▶ **What to work on**: The reply must be the number of lines in the following material that include the word "Ending", and nothing more.

▶ **Provided information**:
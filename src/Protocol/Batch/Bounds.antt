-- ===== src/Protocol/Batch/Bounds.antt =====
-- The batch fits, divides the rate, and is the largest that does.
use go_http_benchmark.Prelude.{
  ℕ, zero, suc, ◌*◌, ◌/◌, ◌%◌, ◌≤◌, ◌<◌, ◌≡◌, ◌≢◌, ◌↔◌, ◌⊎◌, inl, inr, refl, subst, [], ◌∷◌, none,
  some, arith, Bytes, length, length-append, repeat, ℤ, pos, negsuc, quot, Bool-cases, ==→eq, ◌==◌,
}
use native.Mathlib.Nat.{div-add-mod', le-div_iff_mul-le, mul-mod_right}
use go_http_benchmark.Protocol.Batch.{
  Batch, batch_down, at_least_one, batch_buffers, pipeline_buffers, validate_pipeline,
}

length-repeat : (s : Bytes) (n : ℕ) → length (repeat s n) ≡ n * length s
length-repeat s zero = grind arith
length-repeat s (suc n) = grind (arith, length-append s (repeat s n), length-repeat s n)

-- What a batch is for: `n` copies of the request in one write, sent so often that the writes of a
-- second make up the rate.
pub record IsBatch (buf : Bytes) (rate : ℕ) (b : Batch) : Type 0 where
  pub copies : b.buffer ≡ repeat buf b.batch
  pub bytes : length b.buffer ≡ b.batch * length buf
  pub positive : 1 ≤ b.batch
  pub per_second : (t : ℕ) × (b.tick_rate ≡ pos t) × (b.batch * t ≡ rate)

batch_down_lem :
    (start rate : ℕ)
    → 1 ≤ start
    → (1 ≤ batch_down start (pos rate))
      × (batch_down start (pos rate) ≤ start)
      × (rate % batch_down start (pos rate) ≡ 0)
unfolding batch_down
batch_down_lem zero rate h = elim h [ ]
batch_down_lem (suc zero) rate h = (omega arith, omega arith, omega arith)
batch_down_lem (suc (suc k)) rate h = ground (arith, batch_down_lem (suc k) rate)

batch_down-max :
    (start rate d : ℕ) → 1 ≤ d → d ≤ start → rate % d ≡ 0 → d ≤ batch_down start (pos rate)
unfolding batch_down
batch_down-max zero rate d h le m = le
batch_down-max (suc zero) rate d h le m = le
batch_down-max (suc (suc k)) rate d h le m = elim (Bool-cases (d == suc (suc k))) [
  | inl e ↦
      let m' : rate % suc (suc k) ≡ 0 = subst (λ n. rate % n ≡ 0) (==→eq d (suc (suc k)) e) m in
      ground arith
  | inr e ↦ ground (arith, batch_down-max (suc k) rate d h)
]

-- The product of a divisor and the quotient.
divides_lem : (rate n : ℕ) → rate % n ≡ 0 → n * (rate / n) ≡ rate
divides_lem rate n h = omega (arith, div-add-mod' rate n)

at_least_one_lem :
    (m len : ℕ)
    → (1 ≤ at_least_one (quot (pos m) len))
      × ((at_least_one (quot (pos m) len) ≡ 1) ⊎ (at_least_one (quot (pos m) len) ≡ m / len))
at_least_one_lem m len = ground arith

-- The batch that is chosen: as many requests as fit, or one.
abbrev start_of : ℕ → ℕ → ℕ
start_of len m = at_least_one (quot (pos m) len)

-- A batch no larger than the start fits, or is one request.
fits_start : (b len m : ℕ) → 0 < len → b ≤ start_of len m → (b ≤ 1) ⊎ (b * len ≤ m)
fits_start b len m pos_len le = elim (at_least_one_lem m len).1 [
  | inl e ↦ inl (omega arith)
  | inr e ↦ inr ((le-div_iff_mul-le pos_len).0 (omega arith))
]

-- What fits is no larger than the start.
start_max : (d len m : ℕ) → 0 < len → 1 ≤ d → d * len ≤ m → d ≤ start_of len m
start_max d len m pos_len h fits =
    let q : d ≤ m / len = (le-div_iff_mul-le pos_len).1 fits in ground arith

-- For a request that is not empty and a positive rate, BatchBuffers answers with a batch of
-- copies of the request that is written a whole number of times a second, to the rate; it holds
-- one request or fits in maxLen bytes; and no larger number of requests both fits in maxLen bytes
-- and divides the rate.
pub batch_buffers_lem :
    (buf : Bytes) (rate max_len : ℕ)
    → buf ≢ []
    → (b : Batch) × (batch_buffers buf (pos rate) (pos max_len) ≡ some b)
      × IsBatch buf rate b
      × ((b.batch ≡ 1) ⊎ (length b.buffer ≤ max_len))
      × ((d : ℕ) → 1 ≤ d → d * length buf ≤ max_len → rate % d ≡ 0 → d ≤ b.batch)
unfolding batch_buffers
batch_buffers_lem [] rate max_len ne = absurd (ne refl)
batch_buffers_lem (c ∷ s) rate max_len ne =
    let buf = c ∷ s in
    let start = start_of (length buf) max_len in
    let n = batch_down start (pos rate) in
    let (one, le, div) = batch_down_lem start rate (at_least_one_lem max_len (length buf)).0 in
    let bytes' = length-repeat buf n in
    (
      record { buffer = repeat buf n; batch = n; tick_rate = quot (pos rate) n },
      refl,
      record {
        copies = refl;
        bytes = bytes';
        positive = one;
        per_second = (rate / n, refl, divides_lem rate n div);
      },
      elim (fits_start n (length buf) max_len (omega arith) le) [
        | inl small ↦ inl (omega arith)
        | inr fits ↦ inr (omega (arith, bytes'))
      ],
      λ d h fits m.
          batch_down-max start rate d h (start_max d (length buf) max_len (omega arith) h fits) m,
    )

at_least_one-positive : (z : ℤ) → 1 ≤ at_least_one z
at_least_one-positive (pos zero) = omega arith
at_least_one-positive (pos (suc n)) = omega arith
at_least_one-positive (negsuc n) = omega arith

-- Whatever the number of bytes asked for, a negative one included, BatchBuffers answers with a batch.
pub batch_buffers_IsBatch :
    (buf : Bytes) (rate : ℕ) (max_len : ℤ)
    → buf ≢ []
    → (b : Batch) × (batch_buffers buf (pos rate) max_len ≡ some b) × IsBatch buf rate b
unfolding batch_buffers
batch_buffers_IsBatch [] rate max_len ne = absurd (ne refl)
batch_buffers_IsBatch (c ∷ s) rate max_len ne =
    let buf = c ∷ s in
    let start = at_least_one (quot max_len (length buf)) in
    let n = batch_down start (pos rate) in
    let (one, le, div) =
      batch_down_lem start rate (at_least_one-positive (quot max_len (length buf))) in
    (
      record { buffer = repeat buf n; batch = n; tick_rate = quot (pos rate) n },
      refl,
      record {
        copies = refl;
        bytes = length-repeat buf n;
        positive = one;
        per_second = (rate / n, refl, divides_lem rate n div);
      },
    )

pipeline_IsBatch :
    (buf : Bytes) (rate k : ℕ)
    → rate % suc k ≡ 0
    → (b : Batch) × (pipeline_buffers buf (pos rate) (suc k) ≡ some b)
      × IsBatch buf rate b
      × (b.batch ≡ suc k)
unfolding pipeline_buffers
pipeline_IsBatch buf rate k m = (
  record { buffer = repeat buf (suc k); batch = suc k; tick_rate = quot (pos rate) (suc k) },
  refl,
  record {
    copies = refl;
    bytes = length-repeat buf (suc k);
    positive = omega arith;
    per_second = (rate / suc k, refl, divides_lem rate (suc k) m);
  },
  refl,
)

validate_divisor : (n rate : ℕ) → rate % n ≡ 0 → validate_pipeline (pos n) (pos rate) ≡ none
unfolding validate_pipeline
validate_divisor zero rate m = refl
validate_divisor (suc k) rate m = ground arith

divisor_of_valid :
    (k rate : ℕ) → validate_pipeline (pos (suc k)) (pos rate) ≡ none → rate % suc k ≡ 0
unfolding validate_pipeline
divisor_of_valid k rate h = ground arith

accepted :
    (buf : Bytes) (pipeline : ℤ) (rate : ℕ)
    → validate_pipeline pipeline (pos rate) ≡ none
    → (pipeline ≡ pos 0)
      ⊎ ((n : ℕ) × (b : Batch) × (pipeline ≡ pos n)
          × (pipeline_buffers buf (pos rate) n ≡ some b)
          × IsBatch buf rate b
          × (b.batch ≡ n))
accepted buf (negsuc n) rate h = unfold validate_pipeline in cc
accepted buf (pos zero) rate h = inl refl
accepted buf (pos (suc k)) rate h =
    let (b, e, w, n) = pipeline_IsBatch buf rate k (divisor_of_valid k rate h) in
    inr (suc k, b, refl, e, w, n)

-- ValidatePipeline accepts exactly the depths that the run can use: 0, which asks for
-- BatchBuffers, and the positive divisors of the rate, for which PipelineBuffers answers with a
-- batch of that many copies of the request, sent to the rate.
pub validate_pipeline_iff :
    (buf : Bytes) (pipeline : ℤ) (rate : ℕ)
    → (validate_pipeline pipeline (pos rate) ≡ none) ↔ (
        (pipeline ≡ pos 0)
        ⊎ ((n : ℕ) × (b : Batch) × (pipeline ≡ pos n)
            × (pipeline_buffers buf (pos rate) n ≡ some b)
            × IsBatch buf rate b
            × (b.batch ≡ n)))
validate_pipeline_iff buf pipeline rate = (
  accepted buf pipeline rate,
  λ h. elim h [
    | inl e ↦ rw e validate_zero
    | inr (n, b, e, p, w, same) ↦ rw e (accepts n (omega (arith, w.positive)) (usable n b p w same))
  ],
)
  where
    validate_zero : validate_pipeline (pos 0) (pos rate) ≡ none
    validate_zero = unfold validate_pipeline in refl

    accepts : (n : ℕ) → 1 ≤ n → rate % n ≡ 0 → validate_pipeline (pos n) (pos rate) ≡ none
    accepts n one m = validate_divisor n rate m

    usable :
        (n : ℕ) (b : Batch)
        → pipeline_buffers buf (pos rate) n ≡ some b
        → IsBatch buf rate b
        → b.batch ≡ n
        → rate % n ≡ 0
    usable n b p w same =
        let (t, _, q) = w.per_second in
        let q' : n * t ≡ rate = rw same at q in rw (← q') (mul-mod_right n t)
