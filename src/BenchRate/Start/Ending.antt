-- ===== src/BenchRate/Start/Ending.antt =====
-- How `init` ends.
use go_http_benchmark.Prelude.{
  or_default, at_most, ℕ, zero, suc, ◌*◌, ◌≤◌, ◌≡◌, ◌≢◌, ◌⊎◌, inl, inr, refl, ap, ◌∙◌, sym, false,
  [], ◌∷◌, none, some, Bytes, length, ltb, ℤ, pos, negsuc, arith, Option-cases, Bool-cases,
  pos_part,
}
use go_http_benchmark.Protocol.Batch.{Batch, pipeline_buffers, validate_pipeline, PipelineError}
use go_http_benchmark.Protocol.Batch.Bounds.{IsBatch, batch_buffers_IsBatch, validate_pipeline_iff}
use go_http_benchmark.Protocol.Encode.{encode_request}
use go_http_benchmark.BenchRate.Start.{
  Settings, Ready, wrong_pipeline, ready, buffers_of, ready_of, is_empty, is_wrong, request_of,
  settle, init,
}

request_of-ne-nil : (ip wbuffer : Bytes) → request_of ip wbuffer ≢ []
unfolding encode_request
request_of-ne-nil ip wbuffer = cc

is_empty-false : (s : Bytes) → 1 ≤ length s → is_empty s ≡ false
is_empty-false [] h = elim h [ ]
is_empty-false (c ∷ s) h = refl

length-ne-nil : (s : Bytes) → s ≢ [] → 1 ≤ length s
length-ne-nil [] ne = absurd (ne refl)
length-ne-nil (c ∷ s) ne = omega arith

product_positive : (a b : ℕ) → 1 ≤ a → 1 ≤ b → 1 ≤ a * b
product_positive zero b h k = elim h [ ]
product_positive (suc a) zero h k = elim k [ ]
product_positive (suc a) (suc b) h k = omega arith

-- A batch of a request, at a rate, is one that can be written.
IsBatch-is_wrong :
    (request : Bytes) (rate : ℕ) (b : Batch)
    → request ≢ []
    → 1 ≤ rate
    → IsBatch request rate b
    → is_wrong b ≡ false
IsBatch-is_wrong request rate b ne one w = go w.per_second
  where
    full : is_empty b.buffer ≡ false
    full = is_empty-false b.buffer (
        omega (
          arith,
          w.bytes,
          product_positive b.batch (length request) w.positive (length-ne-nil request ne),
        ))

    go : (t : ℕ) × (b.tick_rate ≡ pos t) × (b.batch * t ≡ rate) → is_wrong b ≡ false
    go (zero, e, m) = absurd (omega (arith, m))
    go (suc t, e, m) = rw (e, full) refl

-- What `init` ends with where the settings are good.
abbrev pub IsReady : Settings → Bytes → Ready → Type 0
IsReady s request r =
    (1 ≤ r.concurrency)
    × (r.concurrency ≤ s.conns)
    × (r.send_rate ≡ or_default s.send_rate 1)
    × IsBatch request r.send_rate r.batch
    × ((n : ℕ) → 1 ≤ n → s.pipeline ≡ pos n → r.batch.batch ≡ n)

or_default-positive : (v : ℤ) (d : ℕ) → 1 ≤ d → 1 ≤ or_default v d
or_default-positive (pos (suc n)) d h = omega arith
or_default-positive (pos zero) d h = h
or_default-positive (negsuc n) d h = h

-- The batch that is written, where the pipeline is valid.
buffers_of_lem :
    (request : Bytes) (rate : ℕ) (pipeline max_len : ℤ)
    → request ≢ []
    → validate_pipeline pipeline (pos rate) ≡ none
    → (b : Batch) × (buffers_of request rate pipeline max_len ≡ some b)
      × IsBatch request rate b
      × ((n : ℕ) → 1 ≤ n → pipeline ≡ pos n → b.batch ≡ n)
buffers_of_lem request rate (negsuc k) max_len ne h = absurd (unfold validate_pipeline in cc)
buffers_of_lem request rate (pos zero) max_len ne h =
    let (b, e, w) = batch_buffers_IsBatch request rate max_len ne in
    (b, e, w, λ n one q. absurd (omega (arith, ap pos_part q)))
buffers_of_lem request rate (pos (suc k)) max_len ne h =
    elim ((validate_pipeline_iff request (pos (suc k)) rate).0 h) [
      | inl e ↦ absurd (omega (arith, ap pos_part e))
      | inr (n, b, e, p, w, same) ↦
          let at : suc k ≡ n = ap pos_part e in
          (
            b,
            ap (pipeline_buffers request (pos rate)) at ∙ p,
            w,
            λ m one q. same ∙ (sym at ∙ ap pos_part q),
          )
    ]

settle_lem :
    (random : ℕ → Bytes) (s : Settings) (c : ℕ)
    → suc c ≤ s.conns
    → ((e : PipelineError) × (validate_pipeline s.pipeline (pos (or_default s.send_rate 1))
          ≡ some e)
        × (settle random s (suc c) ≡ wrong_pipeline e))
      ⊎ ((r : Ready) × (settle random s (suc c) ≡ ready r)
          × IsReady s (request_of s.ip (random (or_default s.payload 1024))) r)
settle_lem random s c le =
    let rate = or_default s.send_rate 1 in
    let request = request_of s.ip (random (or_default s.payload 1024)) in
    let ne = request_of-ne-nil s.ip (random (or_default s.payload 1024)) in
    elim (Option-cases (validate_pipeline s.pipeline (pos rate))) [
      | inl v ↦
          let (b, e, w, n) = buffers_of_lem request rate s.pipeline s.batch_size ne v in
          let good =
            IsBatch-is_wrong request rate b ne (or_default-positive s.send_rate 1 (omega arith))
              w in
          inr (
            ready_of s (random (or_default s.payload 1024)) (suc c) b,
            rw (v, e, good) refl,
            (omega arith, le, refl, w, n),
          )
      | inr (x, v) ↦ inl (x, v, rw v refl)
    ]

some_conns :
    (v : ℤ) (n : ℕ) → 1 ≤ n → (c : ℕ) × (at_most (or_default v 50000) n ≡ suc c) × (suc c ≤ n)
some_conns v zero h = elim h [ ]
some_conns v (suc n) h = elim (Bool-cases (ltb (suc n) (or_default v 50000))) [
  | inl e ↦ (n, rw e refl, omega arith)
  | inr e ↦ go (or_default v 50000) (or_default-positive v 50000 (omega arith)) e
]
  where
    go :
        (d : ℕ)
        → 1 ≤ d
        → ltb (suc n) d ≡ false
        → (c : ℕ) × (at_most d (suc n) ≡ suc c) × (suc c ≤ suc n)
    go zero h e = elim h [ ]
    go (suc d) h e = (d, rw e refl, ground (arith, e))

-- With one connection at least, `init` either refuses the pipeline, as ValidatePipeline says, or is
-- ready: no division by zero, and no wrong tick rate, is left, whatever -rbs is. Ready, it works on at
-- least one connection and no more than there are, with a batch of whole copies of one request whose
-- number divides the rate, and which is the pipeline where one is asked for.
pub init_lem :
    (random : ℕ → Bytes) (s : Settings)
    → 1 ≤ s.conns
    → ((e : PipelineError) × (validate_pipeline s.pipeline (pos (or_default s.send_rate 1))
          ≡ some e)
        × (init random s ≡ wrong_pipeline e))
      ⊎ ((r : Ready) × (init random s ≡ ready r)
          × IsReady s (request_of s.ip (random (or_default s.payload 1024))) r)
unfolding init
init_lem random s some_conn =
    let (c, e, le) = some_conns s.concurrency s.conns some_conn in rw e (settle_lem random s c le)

▶ **Solution**: 2